Fruclassity Commandment #5: Married Couples Do Finances Together

What I needed was a knight in shining armour . . . 

By the time I married DH, I knew I was a disaster with finances. In overdraft every month, my accounts were chaotic, and rescue at the hands of a knight in shining armour seemed like a good thing. DH showed all the signs of being financially sensible. He worried about money. He controlled it tightly. I would leave it all in his hands, and we’d live happily ever after.

DH’s faulty money blueprint

What I didn’t realize at the time was that DH’s worry and control were symptoms of his own faulty money blueprint. “What is a money blueprint?” you might ask. It’s the idea, from T. Harv Eker’s book Secrets of the Millionaire Mind, that there are messages about money that we all absorb as children. These messages become so fundamental to our way of thinking that it’s hard even to identify what they are. But DH read Eker’s book – shortly before we started our journey out of debt in June 2012 – and he gave it some real thought.

Here is what he realized: As he was growing up, he saw that his dad always worried about money.
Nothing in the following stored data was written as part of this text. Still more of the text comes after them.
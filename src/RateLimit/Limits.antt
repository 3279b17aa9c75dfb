-- ===== src/RateLimit/Limits.antt =====
-- The fixed window.
use partha.Prelude.{
  ℕ, ◌+◌, ◌-◌, ◌≤◌, ◌<◌, ◌≡◌, refl, sym, ◌∙◌, true, false, ◌&&◌, Option, none, some, List, [], ◌∷◌,
  leb, min, if◌then◌else◌, arith, Bool-cases, inl, inr, coalesce, All,
}
use mathlib.Core.Path.{subst}
use partha.Jobs.{seconds}
use partha.Text.{same_text}
use partha.Text.Laws.{same_text_refl, same_text_eq}
use partha.RateLimit.{Window, Windows, lookup, store, current, ceil_seconds, at_least_one, hit}

pub lookup-store_self :
    (key : List ℕ) (w : Window) (ws : Windows) → lookup key (store key w ws) ≡ some w
lookup-store_self key w [] = rw (same_text_refl key) refl
lookup-store_self key w ((k, v) ∷ rest) = ground (arith, lookup-store_self key w rest)

lookup-store_other :
    (key other : List ℕ) (w : Window) (ws : Windows)
    → same_text other key ≡ false
    → lookup key (store other w ws) ≡ lookup key ws
lookup-store_other key other w [] ne = rw ne refl
lookup-store_other key other w ((k, v) ∷ rest) ne = elim (Bool-cases (same_text k other)) [
  | inl e ↦ rw (e, same_text_eq k other e, ne) refl
  | inr e ↦ rw (e, lookup-store_other key other w rest ne) refl
]

-- How many requests of a key a run of hits lets through, each at its time and under its key.
abbrev pub served : ℕ → ℕ → List ℕ → Windows → List (ℕ × List ℕ) → ℕ
served limit window_seconds key windows [] = 0
served limit window_seconds key windows ((now, k) ∷ rest) =
    let ((count, _), after) = hit now k window_seconds windows in
    let others = served limit window_seconds key after rest in
    if same_text k key && leb count limit then others + 1 else others

abbrev pub hits_of : List ℕ → List (ℕ × List ℕ) → ℕ
hits_of key [] = 0
hits_of key ((now, k) ∷ rest) = (if same_text k key then 1 else 0) + hits_of key rest

-- A hit within the window of its key.
pub hit_inside :
    (now : ℕ) (key : List ℕ) (window_seconds : ℕ) (windows : Windows) (w : Window)
    → lookup key windows ≡ some w
    → now - w.start < seconds window_seconds
    → ((hit now key window_seconds windows).0.0 ≡ w.count + 1)
      × (lookup key (hit now key window_seconds windows).1
          ≡ some (record { start = w.start; count = w.count + 1 }))
unfolding hit
hit_inside now key window_seconds windows w found inside =
    let open_window : (current now window_seconds w) ≡ w = ground arith in
    rw (found, open_window)
      (refl, lookup-store_self key (record { start = w.start; count = w.count + 1 }) windows)

hit_same :
    (now : ℕ) (key k : List ℕ) (window_seconds : ℕ) (windows : Windows) (w : Window)
    → same_text k key ≡ true
    → lookup key windows ≡ some w
    → now - w.start < seconds window_seconds
    → ((hit now k window_seconds windows).0.0 ≡ w.count + 1)
      × (lookup key (hit now k window_seconds windows).1
          ≡ some (record { start = w.start; count = w.count + 1 }))
hit_same now key k window_seconds windows w e found inside =
    subst
      (λ t.
        ((hit now t window_seconds windows).0.0 ≡ w.count + 1)
        × (lookup key (hit now t window_seconds windows).1
            ≡ some (record { start = w.start; count = w.count + 1 })))
      (sym (same_text_eq k key e)) (hit_inside now key window_seconds windows w found inside)

one_more :
    (count limit hits : ℕ)
    → (if leb (count + 1) limit
        then min hits (limit - (count + 1)) + 1
        else min hits (limit - (count + 1)))
      ≡ min (1 + hits) (limit - count)
one_more count limit hits = ground arith

pub hit_other :
    (now : ℕ) (key other : List ℕ) (window_seconds : ℕ) (windows : Windows)
    → same_text other key ≡ false
    → lookup key (hit now other window_seconds windows).1 ≡ lookup key windows
unfolding hit
hit_other now key other window_seconds windows ne = lookup-store_other key other _ windows ne

-- While the window of a key lasts, exactly as many more of its requests are let through as its
-- counter is below the limit, whatever comes between them under other keys; the window that the key
-- has is in the table, and each request falls within it.
pub served_lem :
    (limit window_seconds : ℕ) (key : List ℕ) (w : Window) (windows : Windows)
    (requests : List (ℕ × List ℕ))
    → lookup key windows ≡ some w
    → All (λ r. r.0 - w.start < seconds window_seconds) requests
    → served limit window_seconds key windows requests
      ≡ min (hits_of key requests) (limit - w.count)
served_lem limit window_seconds key w windows [] found inside = ground arith
served_lem limit window_seconds key w windows ((now, k) ∷ rest) found (here, inside) =
    elim (Bool-cases (same_text k key)) [
      | inl e ↦
          let (counted, found_after) = hit_same now key k window_seconds windows w e found here in
          let later =
            served_lem limit window_seconds key (record { start = w.start; count = w.count + 1 })
              (hit now k window_seconds windows).1 rest found_after inside in
          rw (e, counted, later) (one_more w.count limit (hits_of key rest))
      | inr e ↦
          let others =
            served_lem limit window_seconds key w (hit now k window_seconds windows).1 rest
              (hit_other now key k window_seconds windows e ∙ found) inside in
          rw (e, others) (ground arith)
    ]

ceil_covers : (d : ℕ) → d ≤ seconds (at_least_one (ceil_seconds d))
ceil_covers d = ground arith

current-start :
    (now window_seconds : ℕ) (w : Window)
    → w.start ≤ now
    → (current now window_seconds w).start ≤ now
current-start now window_seconds w h = ground arith

started :
    (now : ℕ) (o : Option Window)
    → ((w : Window) → o ≡ some w → w.start ≤ now)
    → (coalesce o (record { start = now; count = 0 })).start ≤ now
started now none past = ground arith
started now (some w) past = past w refl

waited :
    (length now start wait : ℕ)
    → start ≤ now
    → length - (now - start) ≤ wait
    → length ≤ (now + wait) - start
waited length now start wait h c = ground arith

-- Where the clock has not gone back behind the start of the key's window, a hit is told to come back
-- within the window's length, after at least a second; and by then its window is over. The window
-- lasts at least a second.
pub hit-retry_after :
    (now : ℕ) (key : List ℕ) (window_seconds : ℕ) (windows : Windows)
    → 1 ≤ window_seconds
    → ((w : Window) → lookup key windows ≡ some w → w.start ≤ now)
    → let ((_, retry_after), after) = hit now key window_seconds windows in
      (1 ≤ retry_after)
      × (retry_after ≤ window_seconds)
      × (w : Window) × (lookup key after ≡ some w)
      × (seconds window_seconds ≤ (now + seconds retry_after) - w.start)
unfolding hit
hit-retry_after now key window_seconds windows long past =
    let w =
      current now window_seconds
        (coalesce (lookup key windows) (record { start = now; count = 0 })) in
    let not_later = current-start now window_seconds _ (started now (lookup key windows) past) in
    (
      ground arith,
      ground arith,
      record { start = w.start; count = w.count + 1 },
      lookup-store_self key (record { start = w.start; count = w.count + 1 }) windows,
      waited (seconds window_seconds) now w.start _ not_later
          (ceil_covers (seconds window_seconds - (now - w.start))),
    )
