-- ===== src/RateLimit/Routes.antt =====
-- The budget of a request, described by its method and its path.
use mathlib.Core.Path.{subst}
use partha.Prelude.{
  ◌↔◌, ◌⊎◌, inl, inr, ℕ, ◌≡◌, refl, sym, ap, Bool, true, false, ◌&&◌, ◌||◌, Option, none, some,
  List, [], ◌∷◌, ◌++◌, Bool-cases, ==_refl,
}
use partha.Prelude.Text.{codes}
use partha.Text.{same_text, one_of, starts_with, ends_with}
use partha.Text.Laws.{same_text_refl, same_text_eq}
use partha.Text.Parts.{starts_with-append}
use partha.RateLimit.{
  classify, BudgetClass, auth, ai, heavy, default, Settings, Request, budget, class_name, is_exempt,
  is_heavy,
}

abbrev pub AnyOf : List ℕ → List (List ℕ) → Type 0
AnyOf s [] = ⊥
AnyOf s (t ∷ ts) = (s ≡ t) ⊎ AnyOf s ts

abbrev pub Starts : List ℕ → List ℕ → Type 0
Starts s t = (rest : List ℕ) × s ≡ t ++ rest

abbrev pub Ends : List ℕ → List ℕ → Type 0
Ends s t = (before : List ℕ) × s ≡ before ++ t

-- Preflights, probes and the pages of the documentation.
abbrev pub IsExempt : Request → Type 0
IsExempt q =
    (q.method ≡ codes "OPTIONS")
    ⊎ (((AnyOf q.path (codes "/health" ∷ codes "/ready" ∷ codes "/metrics" ∷ [])
            ⊎ Starts q.path (codes "/docs"))
          ⊎ Starts q.path (codes "/redoc"))
        ⊎ Starts q.path (codes "/openapi.json"))

-- The public writes.
abbrev pub IsPublicWrite : Request → Type 0
IsPublicWrite q =
    (q.method ≡ codes "POST")
    × AnyOf q.path (codes "/auth/login" ∷ codes "/auth/register" ∷ codes "/waitlist" ∷ [])

abbrev pub IsAi : Request → Type 0
IsAi q = (q.path ≡ codes "/ai") ⊎ Starts q.path (codes "/ai/")

-- Uploads, imports, generated documents, exports and the start of an analysis.
abbrev pub IsHeavy : Request → Type 0
IsHeavy q =
    (q.method ≡ codes "POST")
    × (AnyOf q.path (
          codes "/repositories/upload"
          ∷ codes "/repositories/github"
          ∷ codes "/documentation/generate"
          ∷ codes "/export"
          ∷ [])
        ⊎ (Starts q.path (codes "/analysis/") × Ends q.path (codes "/start")))

-- The name and the limit of the budget that a request is charged against.
pub data HasBudget (s : Settings) (q : Request) : List ℕ → ℕ → Type 0 where
  auth_budget : IsPublicWrite q → HasBudget s q (codes "auth") s.rate_limit_auth_per_minute
  ai_budget : ¬ IsPublicWrite q → IsAi q → HasBudget s q (codes "ai") s.rate_limit_ai_per_minute
  heavy_budget :
      ¬ IsPublicWrite q
      → ¬ IsAi q
      → IsHeavy q
      → HasBudget s q (codes "heavy") s.rate_limit_heavy_per_minute
  default_budget :
      ¬ IsPublicWrite q
      → ¬ IsAi q
      → ¬ IsHeavy q
      → HasBudget s q (codes "default") s.rate_limit_default_per_minute

-- A test decides a predicate.
abbrev Decides : Bool → Type 0 → Type 0
Decides b P = (b ≡ true) ↔ P

false_is_not : false ≡ true → ⊥
false_is_not h = cc

second : (a : Bool) {b : Bool} → b ≡ true → (a || b) ≡ true
second true h = refl
second false h = h

or-Decides : {P Q : Type 0} (a b : Bool) → Decides a P → Decides b Q → Decides (a || b) (P ⊎ Q)
or-Decides true b p q = ((λ e. inl (p.0 refl)), λ e. refl)
or-Decides false b p q =
    ((λ e. inr (q.0 e)), λ s. elim s [ inl x ↦ absurd (false_is_not (p.1 x)) | inr y ↦ q.1 y ])

and-Decides : {P Q : Type 0} (a b : Bool) → Decides a P → Decides b Q → Decides (a && b) (P × Q)
and-Decides true b p q = ((λ e. (p.0 refl, q.0 e)), λ r. q.1 r.1)
and-Decides false b p q = ((λ e. cc), λ r. p.1 r.0)

same_text-Decides : (s t : List ℕ) → Decides (same_text s t) (s ≡ t)
same_text-Decides s t =
    (same_text_eq s t, λ e. subst (λ x. same_text s x ≡ true) e (same_text_refl s))

one_of-Decides : (s : List ℕ) (ts : List (List ℕ)) → Decides (one_of s ts) (AnyOf s ts)
one_of-Decides s [] = ((λ e. cc), λ x. absurd x)
one_of-Decides s (t ∷ ts) =
    or-Decides (same_text s t) (one_of s ts) (same_text-Decides s t) (one_of-Decides s ts)

starts_with_prefix : (t rest : List ℕ) → starts_with (t ++ rest) t ≡ true
starts_with_prefix [] rest = refl
starts_with_prefix (a ∷ t) rest = rw (==_refl a) (starts_with_prefix t rest)

starts_with-Decides : (s t : List ℕ) → Decides (starts_with s t) (Starts s t)
starts_with-Decides s t = (
  starts_with-append s t,
  λ p. let (rest, e) = p in subst (λ x. starts_with x t ≡ true) (sym e) (starts_with_prefix t rest),
)

ends_with_refl : (t : List ℕ) → ends_with t t ≡ true
ends_with_refl [] = refl
ends_with_refl (a ∷ t) = rw (same_text_refl (a ∷ t)) refl

ends_with_suffix : (before t : List ℕ) → ends_with (before ++ t) t ≡ true
ends_with_suffix [] t = ends_with_refl t
ends_with_suffix (a ∷ before) t = second (same_text (a ∷ before ++ t) t) (ends_with_suffix before t)

ends_with-append : (s t : List ℕ) → ends_with s t ≡ true → Ends s t
ends_with-append [] t h = ([], same_text_eq [] t h)
ends_with-append (a ∷ s) t h = elim (Bool-cases (same_text (a ∷ s) t)) [
  | inl e ↦ ([], same_text_eq (a ∷ s) t e)
  | inr e ↦
      let (before, p) = ends_with-append s t (rw e at h) in
      (a ∷ before, ap (λ (x : List ℕ). a ∷ x) p)
]

ends_with-Decides : (s t : List ℕ) → Decides (ends_with s t) (Ends s t)
ends_with-Decides s t = (
  ends_with-append s t,
  λ p. let (before, e) = p in subst (λ x. ends_with x t ≡ true) (sym e) (ends_with_suffix before t),
)

refuted : {P : Type 0} {b : Bool} → Decides b P → b ≡ false → ¬ P
refuted d e p = cc (e, d.1 p)

abbrev probes : List (List ℕ)
probes = codes "/health" ∷ codes "/ready" ∷ codes "/metrics" ∷ []

IsExempt-Decides :
    (q : Request) → Decides (same_text q.method (codes "OPTIONS") || is_exempt q.path) (IsExempt q)
IsExempt-Decides q =
    or-Decides (same_text q.method (codes "OPTIONS")) (is_exempt q.path)
      (same_text-Decides q.method (codes "OPTIONS"))
      (or-Decides _ _
        (or-Decides _ _
          (or-Decides _ _ (one_of-Decides q.path probes)
            (starts_with-Decides q.path (codes "/docs")))
          (starts_with-Decides q.path (codes "/redoc")))
        (starts_with-Decides q.path (codes "/openapi.json")))

abbrev public_paths : List (List ℕ)
public_paths = codes "/auth/login" ∷ codes "/auth/register" ∷ codes "/waitlist" ∷ []

IsPublicWrite-Decides :
    (q : Request)
    → Decides (same_text q.method (codes "POST") && one_of q.path public_paths) (IsPublicWrite q)
IsPublicWrite-Decides q =
    and-Decides (same_text q.method (codes "POST")) (one_of q.path public_paths)
      (same_text-Decides q.method (codes "POST")) (one_of-Decides q.path public_paths)

IsAi-Decides :
    (q : Request)
    → Decides (same_text q.path (codes "/ai") || starts_with q.path (codes "/ai/")) (IsAi q)
IsAi-Decides q =
    or-Decides (same_text q.path (codes "/ai")) (starts_with q.path (codes "/ai/"))
      (same_text-Decides q.path (codes "/ai")) (starts_with-Decides q.path (codes "/ai/"))

abbrev heavy_paths : List (List ℕ)
heavy_paths =
    codes "/repositories/upload"
    ∷ codes "/repositories/github"
    ∷ codes "/documentation/generate"
    ∷ codes "/export"
    ∷ []

IsHeavy-Decides :
    (q : Request) → Decides (same_text q.method (codes "POST") && is_heavy q.path) (IsHeavy q)
IsHeavy-Decides q =
    and-Decides (same_text q.method (codes "POST")) (is_heavy q.path)
      (same_text-Decides q.method (codes "POST"))
      (or-Decides _ _ (one_of-Decides q.path heavy_paths) (
        and-Decides _ _ (starts_with-Decides q.path (codes "/analysis/"))
          (ends_with-Decides q.path (codes "/start"))))

-- Which budget a request of the class has, or that it has none.
pub data Routed (s : Settings) (q : Request) : Option BudgetClass → Type 0 where
  unlimited : IsExempt q → Routed s q none
  limited :
      ¬ IsExempt q
      → (c : BudgetClass) → HasBudget s q (class_name c) (budget s c)
      → Routed s q (some c)

pub classify-Routed : (s : Settings) (q : Request) → Routed s q (classify q.method q.path)
unfolding classify
classify-Routed s q = elim (Bool-cases (same_text q.method (codes "OPTIONS") || is_exempt q.path)) [
  | inl e ↦ rw e (unlimited ((IsExempt-Decides q).0 e))
  | inr e1 ↦
      let open_path = refuted (IsExempt-Decides q) e1 in
      elim (Bool-cases (same_text q.method (codes "POST") && one_of q.path public_paths)) [
        | inl e ↦ rw (e1, e) (limited open_path auth (auth_budget ((IsPublicWrite-Decides q).0 e)))
        | inr e2 ↦
            let other = refuted (IsPublicWrite-Decides q) e2 in
            elim (Bool-cases
              (same_text q.path (codes "/ai") || starts_with q.path (codes "/ai/"))) [
                | inl e ↦
                    rw (e1, e2, e) (limited open_path ai (ai_budget other ((IsAi-Decides q).0 e)))
                | inr e3 ↦
                    let no_ai = refuted (IsAi-Decides q) e3 in
                    elim (Bool-cases (same_text q.method (codes "POST") && is_heavy q.path)) [
                      | inl e ↦
                          rw (e1, e2, e3, e)
                            (limited open_path heavy
                              (heavy_budget other no_ai ((IsHeavy-Decides q).0 e)))
                      | inr e4 ↦
                          rw (e1, e2, e3, e4)
                            (limited open_path default
                              (default_budget other no_ai (refuted (IsHeavy-Decides q) e4)))
                    ]
              ]
      ]
]
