-- ===== src/RateLimit/Dispatch.antt =====
-- The decision of the middleware.
use partha.Prelude.{
  ℕ, ◌+◌, ◌-◌, ◌≤◌, ◌<◌, ◌≡◌, ◌≢◌, ◌⊎◌, Bool, true, false, Option, none, some, List, ◌++◌, coalesce,
}
use partha.Prelude.Text.{codes}
use partha.Jobs.{seconds}
use partha.RateLimit.{
  Window, Windows, lookup, current, Settings, Request, Response, passed, rate_limited,
}
use partha.RateLimit.Routes.{IsExempt, HasBudget}

-- Who a budget is charged against: the user of a valid token, or else the peer.
pub data Identifies (q : Request) : List ℕ → Type 0 where
  signed_in : (id : List ℕ) → q.user_id ≡ some id → Identifies q (codes "user:" ++ id)
  peer :
      q.user_id ≡ none → (host : List ℕ) → q.host ≡ some host → Identifies q (codes "ip:" ++ host)
  unknown_peer : q.user_id ≡ none → q.host ≡ none → Identifies q (codes "ip:" ++ codes "unknown")

-- The window of a key after a request: the open one goes on, and a new one starts where there is none
-- or a minute is over.
pub data Counts (now : ℕ) (key : List ℕ) (windows : Windows) : Window → Type 0 where
  goes_on :
      (w : Window)
      → lookup key windows ≡ some w
      → now - w.start < seconds 60
      → Counts now key windows (record { start = w.start; count = w.count + 1 })
  starts_again :
      (w : Window)
      → lookup key windows ≡ some w
      → seconds 60 ≤ now - w.start
      → Counts now key windows (record { start = now; count = 1 })
  starts : lookup key windows ≡ none → Counts now key windows (record { start = now; count = 1 })

-- A request is counted in the window of its key, and let through exactly while the count is within the
-- limit; else it is told to come back within a minute. The windows of other keys stay as they are.
pub record IsCharged (now limit : ℕ) (key : List ℕ) (windows : Windows) (response : Response)
    (after : Windows) : Type 0 where
  pub window : Window
  pub counts : Counts now key windows window
  pub stored : lookup key after ≡ some window
  pub others : (other : List ℕ) → key ≢ other → lookup other after ≡ lookup other windows
  pub decision :
      ((window.count ≤ limit) × (response ≡ passed))
      ⊎ ((limit < window.count)
          × (wait : ℕ) × (response ≡ rate_limited wait)
          × (1 ≤ wait)
          × (wait ≤ 60))

-- The branches of the middleware.
pub data IsAnswered (s : Settings) (q : Request) (unavailable : Bool) (now : ℕ) (windows : Windows)
    : Response → Windows → Type 0 where
  switched_off :
      s.rate_limit_enabled ≡ false → IsAnswered s q unavailable now windows passed windows
  exempted :
      s.rate_limit_enabled ≡ true
      → IsExempt q
      → IsAnswered s q unavailable now windows passed windows
  degraded :
      s.rate_limit_enabled ≡ true
      → ¬ IsExempt q
      → unavailable ≡ true
      → IsAnswered s q unavailable now windows passed windows
  charged :
      s.rate_limit_enabled ≡ true
      → ¬ IsExempt q
      → unavailable ≡ false
      → (name : List ℕ) (limit : ℕ) → HasBudget s q name limit
      → (identity : List ℕ) → Identifies q identity
      → {response : Response} {after : Windows}
      → IsCharged now limit (name ++ codes ":" ++ identity) windows response after
      → IsAnswered s q unavailable now windows response after

-- The window that a hit leaves.
abbrev counted : ℕ → Option Window → Window
counted now o =
    let w = current now 60 (coalesce o (record { start = now; count = 0 })) in
    record { start = w.start; count = w.count + 1 }
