-- ===== src/ResourceBudget.antt =====
-- apps/backend/app/analysis/resource_budget.py: the budget of one analysis run. Times are microseconds.
-- The readings of the monotonic clock and of the process's resident set, which the operating system
-- gives, are arguments; the size of a source file is not negative.
pub mod Stream
pub mod Served
pub mod Calls
pub mod Charges
use partha.Prelude.{ℕ, ◌+◌, ◌-◌, Option, none, some, ltb, if◌then◌else◌}

-- The resource, the limit and what was observed.
pub data AnalysisResourceExceeded : Type 0 where
  elapsed_seconds rss_bytes source_bytes : ℕ → ℕ → AnalysisResourceExceeded

pub record AnalysisResourceBudget : Type 0 where
  pub max_source_bytes : ℕ
  pub max_rss_bytes : ℕ
  pub max_seconds : ℕ
  pub charged : ℕ
  pub peak_rss_bytes : ℕ
  pub started_at : ℕ

-- `__post_init__`: no budget where a limit is zero.
unfoldable pub new_budget : ℕ → ℕ → ℕ → ℕ → Option AnalysisResourceBudget
new_budget max_source max_rss max_time now =
    if ltb 0 max_source
    then if ltb 0 max_rss
      then if ltb 0 max_time
        then some (record {
          max_source_bytes = max_source;
          max_rss_bytes = max_rss;
          max_seconds = max_time;
          charged = 0;
          peak_rss_bytes = 0;
          started_at = now;
        })
        else none
      else none
    else none

-- What is raised, if anything, and the budget after it.
unfoldable pub check :
    ℕ → ℕ → AnalysisResourceBudget → Option AnalysisResourceExceeded × AnalysisResourceBudget
check now rss b =
    let elapsed = now - b.started_at in
    let peak = if ltb b.peak_rss_bytes rss then rss else b.peak_rss_bytes in
    if ltb b.max_seconds elapsed then (some (elapsed_seconds b.max_seconds elapsed), b) else (
      if ltb b.max_rss_bytes rss then some (rss_bytes b.max_rss_bytes rss) else none,
      record b { peak_rss_bytes = peak },
    )

unfoldable pub charge_source :
    ℕ → ℕ → ℕ → AnalysisResourceBudget → Option AnalysisResourceExceeded × AnalysisResourceBudget
unfolding check
charge_source size now rss b =
    let observed = b.charged + size in
    if ltb b.max_source_bytes observed
    then (some (source_bytes b.max_source_bytes observed), b)
    else check now rss (record b { charged = observed })
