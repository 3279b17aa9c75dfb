-- ===== src/ResourceBudget/Stream.antt =====
-- apps/backend/app/analysis/source_stream.py: the loop of `RepositorySourceStream.__iter__` over the
-- paths of the manifest, and analysis_worker.py: the budget's part of `_check_heartbeat`, which the
-- worker passes as `check_cancelled`. What the operating system answers for each path, and the readings
-- of each call of `check`, are arguments; the bytes that are read are not modelled.
use partha.Prelude.{ℕ, Bool, Option, none, some, List, [], ◌∷◌, if◌then◌else◌}
use partha.ResourceBudget.{AnalysisResourceExceeded, AnalysisResourceBudget, check, charge_source}

-- The clock and the resident set at a call of `check`.
pub record Reading : Type 0 where
  pub now : ℕ
  pub rss : ℕ

-- What ends the iteration: the callback's own exception, an unsafe path, or the budget.
pub data Raised : Type 0 where
  cancelled : Raised
  unsafe_source_path : Raised
  exceeded : AnalysisResourceExceeded → Raised

-- What a call finds: the lease is lost, the run is cancelled or the heartbeat has failed; the reading
-- where there is a budget; and whether the commit of the open transaction raises.
pub record Heartbeat : Type 0 where
  pub interrupted : Bool
  pub reading : Option Reading
  pub commit_failed : Bool

pub record Checkpoint : Type 0 where
  pub check_cancelled : Option Heartbeat
  pub reading : Reading

-- No file; a symlink, a path that cannot be opened or no regular file; or a file of a size, with the
-- reading of its charge and the checkpoint after it is read.
pub data Source : Type 0 where
  missing : Source
  unsafe : Source
  regular : ℕ → Reading → Checkpoint → Source

pub record ManifestPath : Type 0 where
  pub path : List ℕ
  pub before : Checkpoint
  pub source : Source

-- A call that may raise, on the budget that it finds.
abbrev pub Call : Type 0
Call = AnalysisResourceBudget → Option Raised × AnalysisResourceBudget

abbrev pub follow :
    Option Raised × AnalysisResourceBudget → Call → Option Raised × AnalysisResourceBudget
follow (some e, b) call = (some e, b)
follow (none, b) call = call b

-- One call after the other, up to the first that raises.
abbrev pub seq : Call → Call → Call
seq first second b = follow (first b) second

abbrev pub nothing : Call
nothing b = (none, b)

abbrev pub raise_if : Bool → Raised → Call
raise_if c e b = if c then (some e, b) else (none, b)

-- The call of a method of the budget.
abbrev pub report :
    Option AnalysisResourceExceeded × AnalysisResourceBudget
    → Option Raised × AnalysisResourceBudget
report (none, after) = (none, after)
report (some e, after) = (some (exceeded e), after)

abbrev pub check_at : Reading → Call
check_at r b = report (check r.now r.rss b)

abbrev pub charge_at : ℕ → Reading → Call
charge_at size r b = report (charge_source size r.now r.rss b)

abbrev pub check_reading : Option Reading → Call
check_reading none = nothing
check_reading (some r) = check_at r

-- `_check_heartbeat`, or no callback.
abbrev pub check_heartbeat : Option Heartbeat → Call
check_heartbeat none = nothing
check_heartbeat (some h) =
    seq (raise_if h.interrupted cancelled)
      (seq (check_reading h.reading) (raise_if h.commit_failed cancelled))

-- `_checkpoint`
abbrev pub checkpoint : Checkpoint → Call
checkpoint c = seq (check_heartbeat c.check_cancelled) (check_at c.reading)

abbrev pub open_source : Source → Call
open_source missing = nothing
open_source unsafe = λ b. (some unsafe_source_path, b)
open_source (regular size r after) = seq (charge_at size r) (checkpoint after)

-- The body of the loop.
abbrev pub stream_path : ManifestPath → Call
stream_path m = seq (checkpoint m.before) (open_source m.source)

abbrev pub yielded : ManifestPath → List (List ℕ) → List (List ℕ)
yielded m rest = elim m.source [ missing ↦ rest | unsafe ↦ rest | regular size r c ↦ m.path ∷ rest ]

-- The paths that are yielded and how the iteration ends, after the body for a path and with the rest of
-- the iteration.
abbrev pub continue :
    ManifestPath
    → Option Raised × AnalysisResourceBudget
    → (AnalysisResourceBudget → List (List ℕ) × (Option Raised × AnalysisResourceBudget))
    → List (List ℕ) × (Option Raised × AnalysisResourceBudget)
continue m (some e, after) rest = ([], (some e, after))
continue m (none, after) rest = let (others, end) = rest after in (yielded m others, end)

unfoldable pub stream :
    List ManifestPath
    → AnalysisResourceBudget
    → List (List ℕ) × (Option Raised × AnalysisResourceBudget)
stream [] b = ([], (none, b))
stream (m ∷ paths) b = continue m (stream_path m b) (stream paths)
From this observation, he learned that money was stressful and needed to be controlled. An ironic result of this money blueprint was that when things were going well financially, DH was actually out of his element – because there was nothing to worry about. So without being aware of why he was doing it, he’d self-sabotage – making big purchases to get us back to a state where he could be comfortable worrying and controlling again.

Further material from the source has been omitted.